# Guide to Time Series Analysis with Python — 4: ARIMA and SARIMA

In previous articles, we examined analysis techniques, moving average process and autoregressive process. In this article, we will examine ARIMA (Auto Regressive Integrated Moving Average) and SARIMA (Seasonal ARIMA).

You can access previous articles here.

- Guide to Time Series Analysis with Python — 1: Analysis Techniques and Baseline Model
- Guide to Time Series Analysis with Python — 2: Moving Average Process
- Guide to Time Series Analysis with Python — 3: Autoregressive Process

You can find full code of this article on GitHub. If you are ready, let’s get started.

# What is ARIMA(p,d,q)?

As the name suggests, ARIMA is a combination of AR and MA models and order of integration.

- AR: autoregressive process says that the past values in the time series affect the present.
- MA: Moving average process indicates that the current value depends on the current and past error rates
- I: Differentiation is applied to obtain a stationary time series that does not show trend or seasonality.

All of these components create the parameters to be used by ARIMA(p,d,q).

- p: This p-value decides how far back we go. It is the lag order.
- d: It is equal to the number of times a series is differenced until it becomes stationary.
- q: This parameter determines the number of historical error terms that affect the current value

In fact, apart from the AR and MA models, the only new parameter here is the d parameter. In the diagram below, you can see how the data should be examined after receiving it.

First of all, we need to pay attention to whether the data is stationary or not. After applying the transformations to make the data stationary (you can find them in the first article), we need to determine the d parameter of ARIMA. This parameter can also be determined by how many differencing we receive when making the data stationary. Later, in order to find the optimum values of the p and q parameters, we can create separate lists for both and try every combination of the 3 parameters with iteration. The model with the smallest AIC value can be selected as the best model. There is an important point here: if we want to compare models according to the AIC metric, the d parameter must be constant. The same d should be used in every model. After choosing the model, we should not say that this model is the best and leave it at that. Here we need to do a residual analysis for the model we chose. Residual analysis helps assess whether the model adequately captures the underlying patterns in the time series data.

# What is SARIMA(p,d,q)(P,D,Q)m?

The SARIMA model includes P, D, Q, m parameters in addition to ARIMA. These parameters help us capture seasonality.

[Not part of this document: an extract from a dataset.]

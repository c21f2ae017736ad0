-- ===== src/Stock/Upsert/Provenance.antt =====
-- stock_service.py, `upsert_daily_figure`: how a row comes to be a manual correction.
use daily_figures.Stock.Database.{Database}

- P: order of seasonal AR(P)
- D: seasonal order of integration
- Q: order of seasonal MA(Q)
- m: Number of observations per cycle (frequency)

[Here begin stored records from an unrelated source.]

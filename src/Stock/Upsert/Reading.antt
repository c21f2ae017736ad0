-- ===== src/Stock/Upsert/Reading.antt =====
-- stock_service.py, `upsert_daily_figure`: the opening that is read back after a save.
use daily_figures.Common.{
  ℕ, ◌≡◌, ◌⊎◌, refl, sym, ◌∙◌, ap, inl, inr, Bool, true, false, not, Option, none, some, String, ℤ,
  pos, Bool-cases, ok,
}
use daily_figures.Packaging.{PackagingRule}
use daily_figures.Records.{
  Shift, DailyFigure, OpeningSource, manual_correction, initial_manual, Product,
  current_packaging_rule, User,
}
use daily_figures.Stock.Database.{Database}
use daily_figures.Stock.Anchor.{figure_at, is_trusted_anchor}
use daily_figures.Stock.Anchor.Latest.{AreDistinct, figure_at_some}
use daily_figures.Stock.Carry.{opening_base_qty_at}
use daily_figures.Stock.Upsert.{
  OpeningInput, Submitted, submit, choose_opening, is_given, opening_locked_at, is_kept,
  is_explicit_edit, is_existing_trusted, upsert_daily_figure,
}
use daily_figures.Stock.Upsert.Rows.{AreBelow}
use daily_figures.Stock.Upsert.Saved.{
  value_of, write_opening_ok, upsert_daily_figure_ok, upsert_daily_figure-AreDistinct,
}
use daily_figures.Stock.Upsert.Trusted.{
  is_trusted_anchor-commit, unconditional-trusted, no_prior-idle, first-trusted,
  opening_base_qty_at-trusted,
}

-- A submitted opening that is explicit, or the first, is the one that is chosen.
choose_opening-submitted :
    (locked : Option ℤ) (s : Submitted) (explicit_edit : Bool) (reason : Option String)
    (figure : Option DailyFigure) (source : OpeningSource) (base : ℤ)
    → choose_opening locked (some s) explicit_edit reason figure ≡ ok (source, base)
    → (explicit_edit ≡ true) ⊎ (locked ≡ none)
    → (base ≡ pos s.base_qty)
      × ((source ≡ manual_correction) ⊎ ((source ≡ initial_manual) × (locked ≡ none)))
choose_opening-submitted none s explicit_edit reason figure source base e h =
    (sym (ap (λ r. (value_of r).1) e), inr (sym (ap (λ r. (value_of r).0) e), refl))
choose_opening-submitted (some l) s true reason figure source base e h =
    elim (Bool-cases (not (is_given reason))) [
      | inl missing ↦ cc (rw missing at e)
      | inr given ↦
          let e' = rw given at e in
          (sym (ap (λ r. (value_of r).1) e'), inl (sym (ap (λ r. (value_of r).0) e')))
    ]
choose_opening-submitted (some l) s false reason figure source base e (inl h) = absurd (cc)
choose_opening-submitted (some l) s false reason figure source base e (inr h) = absurd (cc)

is_kept-false :
    (figure : Option DailyFigure) (explicit_edit : Bool) (locked : Option ℤ)
    → (explicit_edit ≡ true) ⊎ (locked ≡ none)
    → is_kept figure explicit_edit locked ≡ false
is_kept-false figure explicit_edit locked (inl e) = elim (Bool-cases (is_existing_trusted figure)) [
  | inl t ↦ rw (t, e)
  | inr f ↦ rw f
]
is_kept-false figure true locked (inr e) = elim (Bool-cases (is_existing_trusted figure)) [
  | inl t ↦ rw t
  | inr f ↦ rw f
]
is_kept-false figure false locked (inr e) = elim (Bool-cases (is_existing_trusted figure)) [
  | inl t ↦ rw (t, e)
  | inr f ↦ rw f
]

-- In a table that keeps its constraints, and with a packaging rule in force, an opening that is
-- submitted explicitly by a user who may edit it, or that is the first of its product, is read back
-- after a save that succeeds: the period's opening is the submitted total.
pub opening_base_qty_at-save_submitted :
    (db : Database) (now : ℕ) (rule : PackagingRule) (product : Product) (date : ℕ) (shift : Shift)
    (opening : Option OpeningInput) (s : Submitted) (notes : Option String) (user : User)
    (explicitly_edited : Bool) (reason : Option String) (db' : Database) (saved : DailyFigure)
    → AreDistinct db.figures
    → AreBelow db.next_id db.figures
    → current_packaging_rule product now ≡ some rule
    → submit opening rule ≡ ok (some s)
    → (is_explicit_edit db user explicitly_edited (some s) ≡ true)
      ⊎ (opening_locked_at db product.id date shift ≡ none)
    → upsert_daily_figure db now product date shift opening notes user explicitly_edited reason
      ≡ ok (db', saved)
    → opening_base_qty_at db' product.id date shift ≡ pos s.base_qty
opening_base_qty_at-save_submitted db now rule product date shift opening s notes user
      explicitly_edited reason db' saved d b r e h u =
    let (d', b', found) =
      upsert_daily_figure-AreDistinct db now product date shift opening notes user explicitly_edited
        reason db' saved d b u in
    let v =
      upsert_daily_figure_ok db now rule product date shift opening (some s) notes user
        explicitly_edited reason db' saved r e u in
    let (base, source) = choose_opening-submitted _ s _ reason _ v.source v.base v.chosen h in
    elim (write_opening_ok rule _ v.source v.base (some s) _ v.written v.is_written) [
      | inl (kept, _) ↦ cc (is_kept-false (figure_at db product.id date shift) _ _ h, kept)
      | inr (_, q, is_override, written) ↦
          let on_row =
            ap (λ (f : DailyFigure). f.opening_base_qty) v.is_finished.1
            ∙ ap (λ (f : DailyFigure). f.opening_base_qty) written in
          let of_source =
            ap (λ (f : DailyFigure). f.opening_stock_source) v.is_finished.1
            ∙ ap (λ (f : DailyFigure). f.opening_stock_source) written in
          let (_, of_product, on_date, in_shift) =
            figure_at_some product.id date shift db'.figures saved found in
          let trusted : is_trusted_anchor db' saved ≡ true = elim source [
            | inl corrected ↦ unconditional-trusted db' saved (rw (of_source ∙ corrected) refl)
            | inr (first, no_prior) ↦ rw v.is_committed (
                is_trusted_anchor-commit db _ _ _ saved saved
                ∙ first-trusted db saved product.id date shift (of_source ∙ first)
                    (of_product, on_date, in_shift)
                    (no_prior-idle db product.id date shift _ no_prior))
          ] in
          opening_base_qty_at-trusted db' product.id date shift saved found trusted ∙ on_row ∙ base
    ]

**Note that a SARIMA(p,d,q)(0,0,0)m model is equivalent to an ARIMA(p,d,q) model.**

# CODE PRACTICE

Now let’s do all this in practice. We will use auto_arima from the pmdarima library to determine the optimal model.

For examples we will use the air passengers dataset available on Kaggle.

This data set contains the number of passengers on a monthly basis. The data consists of 144 rows and 2 columns. There are monthly time periods between 1949–1960.

When we examine the graph of the number of passengers over time, we can clearly see that there is seasonality even here.

`df = pd.read_csv("AirPassengers.csv")`

df.rename(columns={"Month":"month","#Passengers":"passengers"}, inplace=True)

df.head()

plt.figure(figsize=(15,4))

plt.plot(df["month"],df["passengers"]);

plt.xlabel('Timesteps');

plt.ylabel('Value');

plt.xticks(df['month'][::10]);

To see this more closely, we need to decompose the data.

When examining the graphs, an increasing trend can be observed. Additionally, there is seasonality in the data. If there were no seasonality in the data, the “Seasonal” graph would continue as a straight line starting from 0.

`# Decomposition`

advanced_decomposition = STL(df.passengers, period=4).fit()

fig, (ax1, ax2, ax3, ax4) = plt.subplots(nrows=4, ncols=1, sharex=True)

ax1.plot(advanced_decomposition.observed)

ax1.set_ylabel('Observed')

ax2.plot(advanced_decomposition.trend)

ax2.set_ylabel('Trend')

ax3.plot(advanced_decomposition.seasonal)

ax3.set_ylabel('Seasonal')

ax4.plot(advanced_decomposition.resid)

ax4.set_ylabel('Residuals')

fig.autofmt_xdate()

plt.tight_layout()

We must apply the Dickey-Fuller test to decide whether the data is stationary or not.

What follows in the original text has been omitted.